Collected data entries:
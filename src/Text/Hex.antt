-- ===== src/Text/Hex.antt =====
-- `hex.EncodeToString` and `hex.DecodeString`.
use tax_bro.Prelude.{
  ℕ, ◌+◌, ◌-◌, ◌*◌, ◌/◌, ◌%◌, ◌&&◌, [], ◌∷◌, leb, ltb, Fallible, value, error, Option, none, some,
  if◌then◌else◌,
}
use tax_bro.Text.{Bytes}

-- The table "0123456789abcdef".
unfoldable pub hex_digit : ℕ → ℕ
hex_digit n = if ltb n 10 then 48 + n else 87 + n

-- Upper case is read too.
unfoldable pub from_hex_char : ℕ → Option ℕ
from_hex_char c =
    if leb b'0' c && leb c b'9'
    then some (c - 48)
    else if leb b'a' c && leb c b'f'
    then some (c - 87)
    else if leb b'A' c && leb c b'F'
    then some (c - 55)
    else none

unfoldable pub encode_to_string : Bytes → Bytes
unfolding hex_digit
encode_to_string [] = []
encode_to_string (b ∷ bytes) = hex_digit (b / 16) ∷ hex_digit (b % 16) ∷ encode_to_string bytes

abbrev decode_pair : Option ℕ → Option ℕ → Fallible Bytes → Fallible Bytes
decode_pair (some h) (some l) (value bytes) = value ((h * 16 + l) ∷ bytes)
decode_pair _ _ _ = error

-- An odd length, or a byte that is no digit, is an error.
unfoldable pub decode_string : Bytes → Fallible Bytes
unfolding from_hex_char
decode_string [] = value []
decode_string (h ∷ []) = error
decode_string (h ∷ l ∷ rest) = decode_pair (from_hex_char h) (from_hex_char l) (decode_string rest)
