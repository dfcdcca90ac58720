-- ===== src/Parser.antt =====
-- pkg/instructions_parser/parser.go
use tax_bro.Prelude.{List, [], String, ◌==◌, eq_string, Outcome, if◌then◌else◌}
use tax_bro.Prelude.Int.{ℤ}
use tax_bro.Text.{Bytes}

-- The interface that both kinds of instruction meet. An index out of range, or data that is no hex,
-- ends the process.
pub record ParsableInstruction : Type 0 where
  pub get_program_address : String
  pub get_account_address : ℤ → Outcome String
  pub get_data : Outcome Bytes

pub record EventData : Type 0 where
  pub serialize : String

pub record Event : Type 0 where
  pub kind : ℤ
  pub payload : EventData

pub record AssociatedAccount : Type 0 where
  pub kind : ℤ
  pub address : String

-- `Parse`, whose only case has no statement yet. The id of the system program is a constant of
-- github.com/gagliardetto/solana-go.
unfoldable pub parse :
    String → ParsableInstruction → List ParsableInstruction → List Event × List AssociatedAccount
parse system_program_id instruction inner_instructions =
    if instruction.get_program_address == system_program_id then ([], []) else ([], [])
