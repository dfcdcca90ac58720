-- ===== src/Rpc.antt =====
-- pkg/wallet_sync/rpc.go: what is read from the chain. The records of
-- github.com/gagliardetto/solana-go have the fields that the program reads, with public keys and
-- signatures in their base58 text.
pub mod Logs
pub mod Compile
pub mod Fetch
pub mod Retry
use tax_bro.Prelude.{
  ℕ, zero, suc, ◌+◌, ◌-◌, ◌%◌, ◌*◌, Bool, true, false, List, [], ◌∷◌, ◌++◌, map, Option, none, some,
  String, length, get_elem?, Outcome, ok, fault, out_of_range, ◌>>=◌,
}
use tax_bro.Prelude.Int.{ℤ, pos, negsuc}
use tax_bro.Text.{Bytes}
use tax_bro.Parser.{ParsableInstruction, Event}

-- solana.CompiledInstruction
pub record CompiledInstruction : Type 0 where
  pub program_id_index : ℕ
  pub accounts : List ℕ
  pub payload : Bytes

-- solana.Message
pub record Message : Type 0 where
  pub account_keys : List String
  pub instructions : List CompiledInstruction

-- rpc.InnerInstruction
pub record InnerInstruction : Type 0 where
  pub index : ℕ
  pub instructions : List CompiledInstruction

-- rpc.TransactionMeta
pub record TransactionMeta : Type 0 where
  pub writable : List String
  pub read_only : List String
  pub inner_instructions : List InnerInstruction
  pub log_messages : List Bytes
  pub err : Bool
  pub fee : ℕ

-- A slice index, which panics out of range.
abbrev pub index {ℓ} : {A : Type ℓ} → List A → ℕ → Outcome A
index [] i = fault out_of_range
index (x ∷ xs) zero = ok x
index (x ∷ xs) (suc i) = index xs i

abbrev pub index_int {ℓ} : {A : Type ℓ} → List A → ℤ → Outcome A
index_int xs (pos i) = index xs i
index_int xs (negsuc i) = fault out_of_range

unfoldable pub decompile_accounts : Message → TransactionMeta → List String
decompile_accounts msg meta = (msg.account_keys ++ meta.writable) ++ meta.read_only

pub record OnchainInstructionBase : Type 0 where
  pub program_address : String
  pub accounts : List String
  pub payload : Bytes

-- The methods `GetProgramAddress`, `GetAccountAddress` and `GetData`.
unfoldable pub as_parsable : OnchainInstructionBase → ParsableInstruction
as_parsable oix = record {
  get_program_address = oix.program_address;
  get_account_address = λ idx. index_int oix.accounts idx;
  get_data = ok oix.payload;
}

-- The loop of `setFromCompiled` over the account indices.
unfoldable pub resolve_accounts : List ℕ → List String → Outcome (List String)
resolve_accounts [] tx_accounts = ok []
resolve_accounts (account_idx ∷ rest) tx_accounts = do
  address ← index tx_accounts account_idx
  addresses ← resolve_accounts rest tx_accounts
  ok (address ∷ addresses)

unfoldable pub set_from_compiled :
    CompiledInstruction → List String → Outcome OnchainInstructionBase
set_from_compiled compiled tx_accounts = do
  accounts ← resolve_accounts compiled.accounts tx_accounts
  program_address ← index tx_accounts compiled.program_id_index
  ok (record { program_address = program_address; accounts = accounts; payload = compiled.payload })

pub record OnchainInstruction : Type 0 where
  pub base : OnchainInstructionBase
  pub inner_ixs : List OnchainInstructionBase
  pub events : List Event

-- Times are seconds since 1970; a block of an earlier time is not modelled.
pub record OnchainTransaction : Type 0 where
  pub signature : String
  pub err : Bool
  pub fee : ℕ
  pub timestamp : ℕ
  pub timestamp_granularized : ℕ
  pub slot : ℕ
  pub accounts : List String
  pub ixs : List OnchainInstruction
  pub logs : List Bytes

-- The seconds from the zero time of package `time` to 1970.
abbrev pub zero_time_offset : ℕ
zero_time_offset = 62135596800

-- `t.Truncate(d)` rounds down to a multiple of `d` since the zero time.
unfoldable pub truncate : ℕ → ℕ → ℕ
truncate t d = t - (t + zero_time_offset) % d
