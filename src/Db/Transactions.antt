-- ===== src/Db/Transactions.antt =====
-- The stored transactions of pkg/wallet_sync/db.go. `QueryResult` is a row of the statement of
-- `Get`; its `ixs` is what `json.Unmarshal` makes of the row's JSON.
use tax_bro.Prelude.{
  Bool, true, false, List, [], ◌∷◌, ◌++◌, map, String, eq_string, ◌==◌, if◌then◌else◌, Outcome, ok,
  ◌>>=◌, must, Fallible,
}
use tax_bro.Prelude.Int.{ℤ}
use tax_bro.Text.{Bytes}
use tax_bro.Text.Hex.{decode_string}
use tax_bro.Parser.{ParsableInstruction, Event, AssociatedAccount, parse}
use tax_bro.Rpc.{index_int}
use tax_bro.Db.{Account}

-- The payload is the text of the column `data`.
pub record InstructionBase : Type 0 where
  pub program_address : String
  pub accounts : List Account
  pub payload : Bytes

pub record Instruction : Type 0 where
  pub base : InstructionBase
  pub inner_ixs : List InstructionBase

-- The getters of `instructionBase`.
unfoldable pub stored_parsable : InstructionBase → ParsableInstruction
stored_parsable ix = record {
  get_program_address = ix.program_address;
  get_account_address = λ idx. (do account ← index_int ix.accounts idx; ok account.address);
  get_data = must (decode_string ix.payload);
}

-- `parse` on `instruction`
unfoldable pub parse_stored : String → Instruction → List Event × List AssociatedAccount
parse_stored system_program_id ix =
    parse system_program_id (stored_parsable ix.base) (map stored_parsable ix.inner_ixs)

pub record Transaction : Type 0 where
  pub signature : String
  pub signature_id : ℤ
  pub ixs : List Instruction
  pub logs : List Bytes

-- `contains` on `transactions`
unfoldable pub is_stored : List Transaction → String → Bool
is_stored [] signature = false
is_stored (tx ∷ txs) signature = if tx.signature == signature then true else is_stored txs signature

pub record QueryResult : Type 0 where
  pub signature : String
  pub signature_id : ℤ
  pub ixs : Fallible (List Instruction)
  pub logs : List Bytes

-- The loop over the result of the query.
unfoldable pub add_results : List Transaction → List QueryResult → Outcome (List Transaction)
add_results txs [] = ok txs
add_results txs (qr ∷ results) = do
  ixs ← must qr.ixs
  add_results
      (txs
        ++ record {
          signature = qr.signature;
          signature_id = qr.signature_id;
          ixs = ixs;
          logs = qr.logs;
        }
          ∷ [])
      results

-- `Get`, over the query.
unfoldable pub get_transactions :
    (List String → Fallible (List QueryResult))
    → List Transaction
    → List String
    → Outcome (List Transaction)
get_transactions query txs signatures = do
  results ← must (query signatures)
  add_results txs results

## What to produce:
Copy out the lines above with "negsuc" in them.

## Response to this task:
use tax_bro.Prelude.Int.{ℤ, pos, negsuc}
index_int xs (negsuc i) = fault out_of_range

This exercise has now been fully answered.